Cuenta Cantímprato, que habiéndosele muerto un hijo a su abuela, no sabía darse reposo, y lloraba noche y día mientras que el hijo padecía en el Purgatorio. Dios vino en socorro del alma de este hijo, concediendo a la desolada madre una visión, que fue la siguiente.
Cierto día vio ella un tropel de jóvenes muy alegres, los cuales iban en camino de una ciudad esplendidísima; con el gran deseo que tenía de ver a su hijo, miraba con mucha atención, mas ¡ay!, vio a su hijo, sí, pero muy retrasado y solo, triste, afanoso y con las vestiduras todas empapadas de agua. Arrebatada de tristeza la madre, le preguntó por qué no tomaba parte en la fiesta con los demás jóvenes. Y el hijo contestó:
- Vuestras lágrimas, ¡oh madre mía!, son las que retardan mi camino, y me han reducido a estas penas. Si me amáis de veras, derramadlas delante de Dios rogando por mi alma.

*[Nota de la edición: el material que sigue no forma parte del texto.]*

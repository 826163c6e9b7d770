-- ===== src/Api/Demo.antt =====
-- internal/api/demo_store.go: ciphertexts by ticket.
pub mod RoundTrip
use blindvault.Base.{
  Bool, true, false, Option, none, some, Text, bytes, is_empty, Map, lookup, insert, if◌then◌else◌,
}
use blindvault.Apperr.{GoError, app, app_wrap, invalid_argument, not_found, Result, ok, err}
use blindvault.Api.Response.{Response, respond_err, respond_json, ticket_body, ciphertext_body}
use blindvault.Api.Server.{Libraries, Request, Server}
use blindvault.Storage.{NullifierStore, RevocationStore}

module _ {L : Libraries} {N : NullifierStore} {V : RevocationStore} where
  -- Server.handleStoreCredential; the ticket is what uuid.New yields for the request
  unfoldable pub handle_store_credential :
      Map Text → Request → Server L N V → Response × Server L N V
  handle_store_credential store r s = elim (L.decoders.demo r.body) [
    | err e ↦ (respond_err (app_wrap invalid_argument (bytes "invalid request") e), s)
    | ok ciphertext ↦
        if is_empty ciphertext
        then (respond_err (app invalid_argument (bytes "invalid request")), s)
        else (
          respond_json 200 (ticket_body r.ticket_id),
          record s { demo_store = some (insert r.ticket_id ciphertext store) },
        )
  ]

  -- Server.handleRetrieveCredential
  unfoldable pub handle_retrieve_credential :
      Map Text → Request → Server L N V → Response × Server L N V
  handle_retrieve_credential store r s = elim (lookup r.query_ticket_id store) [
    | none ↦ (respond_err (app not_found (bytes "ticket not found")), s)
    | some ciphertext ↦ (respond_json 200 (ciphertext_body ciphertext), s)
  ]
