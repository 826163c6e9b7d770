-- ===== src/Api/Demo/RoundTrip.antt =====
-- A stored ciphertext is retrieved by its ticket (internal/api/demo_store.go).
use blindvault.Base.{◌≡◌, false, some, Text, is_empty, Map, insert, lookup-insert, arith}
use blindvault.Apperr.{ok}
use blindvault.Api.Demo.{handle_store_credential, handle_retrieve_credential}
use blindvault.Api.Response.{respond_json, ciphertext_body}
use blindvault.Api.Server.{Libraries, Request, Server}
use blindvault.Storage.{NullifierStore, RevocationStore}

module _ {L : Libraries} {N : NullifierStore} {V : RevocationStore} where
  -- After a ciphertext that is not empty was stored, a request with the ticket that was handed out
  -- gets it back.
  pub retrieve-store :
      (store : Map Text) (r q : Request) (s : Server L N V) (ciphertext : Text)
      → L.decoders.demo r.body ≡ ok ciphertext
      → is_empty ciphertext ≡ false
      → q.query_ticket_id ≡ r.ticket_id
      → (after : Map Text) × ((handle_store_credential store r s).1.demo_store ≡ some after)
        × ((handle_retrieve_credential after q s).0 ≡ respond_json 200 (ciphertext_body ciphertext))
  unfolding handle_store_credential handle_retrieve_credential
  retrieve-store store r q s ciphertext decoded nonempty same = (
    insert r.ticket_id ciphertext store,
    ground arith,
    ground (arith, lookup-insert r.ticket_id r.ticket_id ciphertext store),
  )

La Religión de Jesucristo no condena los afectos de la naturaleza, mas este hecho os dice que sobre los afectos de la naturaleza debe triunfar el espíritu de lo sobrenatural.
Dios mío, ¿cómo es posible creer en la inmortalidad del alma, y abatirse tanto en la pérdida de las personas amadas, sin apenas pensar en dirigir una sola plegaria para aliviarlas en sus penas? Y lo que es peor todavía, ¿cómo se piensa sólo en pompas funerarias o en intereses de mundo, y nada se hace para el alma? ¡Oh, si los muertos pudiesen hacernos oír sus quejas!